Task to complete
Retype exactly the lines from the line with "appended_unique platform history" to the end of the data, keeping both boundary lines.

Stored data
BEGIN
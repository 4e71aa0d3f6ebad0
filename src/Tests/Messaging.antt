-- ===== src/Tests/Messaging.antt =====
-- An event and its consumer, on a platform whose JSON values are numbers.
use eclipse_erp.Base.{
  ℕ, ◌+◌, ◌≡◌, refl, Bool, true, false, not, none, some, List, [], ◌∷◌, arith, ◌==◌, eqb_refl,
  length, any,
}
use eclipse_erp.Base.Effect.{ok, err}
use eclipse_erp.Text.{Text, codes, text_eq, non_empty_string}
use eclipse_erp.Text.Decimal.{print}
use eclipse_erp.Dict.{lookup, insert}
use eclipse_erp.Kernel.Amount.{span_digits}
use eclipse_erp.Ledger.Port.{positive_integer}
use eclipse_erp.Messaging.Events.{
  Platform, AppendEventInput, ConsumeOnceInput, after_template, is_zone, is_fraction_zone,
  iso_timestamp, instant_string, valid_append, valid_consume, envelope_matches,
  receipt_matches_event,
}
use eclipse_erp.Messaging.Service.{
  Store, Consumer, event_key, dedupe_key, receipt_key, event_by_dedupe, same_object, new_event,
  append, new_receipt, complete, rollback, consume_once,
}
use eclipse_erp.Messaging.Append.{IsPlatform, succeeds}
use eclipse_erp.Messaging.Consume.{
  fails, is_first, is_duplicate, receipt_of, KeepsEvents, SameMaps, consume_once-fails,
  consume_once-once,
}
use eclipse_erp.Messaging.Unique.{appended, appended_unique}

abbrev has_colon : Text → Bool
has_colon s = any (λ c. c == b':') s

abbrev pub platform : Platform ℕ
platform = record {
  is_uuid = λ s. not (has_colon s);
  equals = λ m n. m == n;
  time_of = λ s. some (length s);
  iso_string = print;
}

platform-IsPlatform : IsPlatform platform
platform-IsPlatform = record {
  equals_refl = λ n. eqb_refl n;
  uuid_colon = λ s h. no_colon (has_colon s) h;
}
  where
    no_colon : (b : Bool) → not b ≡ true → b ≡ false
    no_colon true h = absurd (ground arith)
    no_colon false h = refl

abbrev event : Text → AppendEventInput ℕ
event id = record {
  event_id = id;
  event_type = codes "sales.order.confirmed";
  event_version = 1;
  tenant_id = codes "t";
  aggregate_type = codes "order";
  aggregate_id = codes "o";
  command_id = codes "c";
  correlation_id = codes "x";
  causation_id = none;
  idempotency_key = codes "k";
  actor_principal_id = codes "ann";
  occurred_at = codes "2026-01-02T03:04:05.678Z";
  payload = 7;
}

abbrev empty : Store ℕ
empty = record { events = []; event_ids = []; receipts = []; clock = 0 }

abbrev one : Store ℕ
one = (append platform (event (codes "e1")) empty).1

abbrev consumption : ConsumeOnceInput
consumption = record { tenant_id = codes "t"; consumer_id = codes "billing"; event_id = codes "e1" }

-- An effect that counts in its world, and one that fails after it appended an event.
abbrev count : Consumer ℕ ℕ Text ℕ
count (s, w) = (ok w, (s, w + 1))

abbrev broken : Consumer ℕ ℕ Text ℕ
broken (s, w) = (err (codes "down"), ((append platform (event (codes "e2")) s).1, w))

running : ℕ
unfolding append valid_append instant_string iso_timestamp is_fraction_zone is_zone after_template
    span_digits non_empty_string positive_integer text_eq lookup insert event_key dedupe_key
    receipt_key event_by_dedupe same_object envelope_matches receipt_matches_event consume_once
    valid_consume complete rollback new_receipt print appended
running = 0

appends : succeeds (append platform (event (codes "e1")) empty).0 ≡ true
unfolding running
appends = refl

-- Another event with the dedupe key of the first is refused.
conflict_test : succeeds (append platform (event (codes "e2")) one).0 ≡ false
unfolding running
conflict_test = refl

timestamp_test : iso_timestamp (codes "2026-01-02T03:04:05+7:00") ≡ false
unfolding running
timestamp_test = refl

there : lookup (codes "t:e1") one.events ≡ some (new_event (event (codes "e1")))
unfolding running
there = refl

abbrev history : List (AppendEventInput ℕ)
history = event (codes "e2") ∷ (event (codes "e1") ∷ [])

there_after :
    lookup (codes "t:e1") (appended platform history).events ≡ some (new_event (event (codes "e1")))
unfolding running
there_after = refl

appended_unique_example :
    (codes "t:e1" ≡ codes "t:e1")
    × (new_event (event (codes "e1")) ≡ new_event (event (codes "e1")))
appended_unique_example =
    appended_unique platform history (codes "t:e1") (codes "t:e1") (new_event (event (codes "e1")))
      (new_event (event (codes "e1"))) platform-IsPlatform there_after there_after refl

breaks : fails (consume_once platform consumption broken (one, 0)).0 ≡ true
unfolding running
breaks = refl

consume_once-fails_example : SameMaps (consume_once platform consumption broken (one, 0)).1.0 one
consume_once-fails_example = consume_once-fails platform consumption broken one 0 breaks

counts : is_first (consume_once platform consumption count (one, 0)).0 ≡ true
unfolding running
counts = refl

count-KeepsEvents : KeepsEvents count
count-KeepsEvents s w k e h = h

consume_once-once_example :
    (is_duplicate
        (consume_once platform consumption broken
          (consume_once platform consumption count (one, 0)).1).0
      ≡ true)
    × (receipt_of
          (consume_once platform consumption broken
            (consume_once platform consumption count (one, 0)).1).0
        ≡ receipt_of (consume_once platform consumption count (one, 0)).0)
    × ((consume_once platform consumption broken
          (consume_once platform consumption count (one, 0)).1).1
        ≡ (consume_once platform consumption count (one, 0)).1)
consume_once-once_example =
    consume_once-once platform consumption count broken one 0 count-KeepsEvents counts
END
Answer space
    appended_unique platform history (codes "t:e1") (codes "t:e1") (new_event (event (codes "e1")))
      (new_event (event (codes "e1"))) platform-IsPlatform there_after there_after refl

breaks : fails (consume_once platform consumption broken (one, 0)).0 ≡ true
unfolding running
breaks = refl

consume_once-fails_example : SameMaps (consume_once platform consumption broken (one, 0)).1.0 one
consume_once-fails_example = consume_once-fails platform consumption broken one 0 breaks

counts : is_first (consume_once platform consumption count (one, 0)).0 ≡ true
unfolding running
counts = refl

count-KeepsEvents : KeepsEvents count
count-KeepsEvents s w k e h = h

consume_once-once_example :
    (is_duplicate
        (consume_once platform consumption broken
          (consume_once platform consumption count (one, 0)).1).0
      ≡ true)
    × (receipt_of
          (consume_once platform consumption broken
            (consume_once platform consumption count (one, 0)).1).0
        ≡ receipt_of (consume_once platform consumption count (one, 0)).0)
    × ((consume_once platform consumption broken
          (consume_once platform consumption count (one, 0)).1).1
        ≡ (consume_once platform consumption count (one, 0)).1)
consume_once-once_example =
    consume_once-once platform consumption count broken one 0 count-KeepsEvents counts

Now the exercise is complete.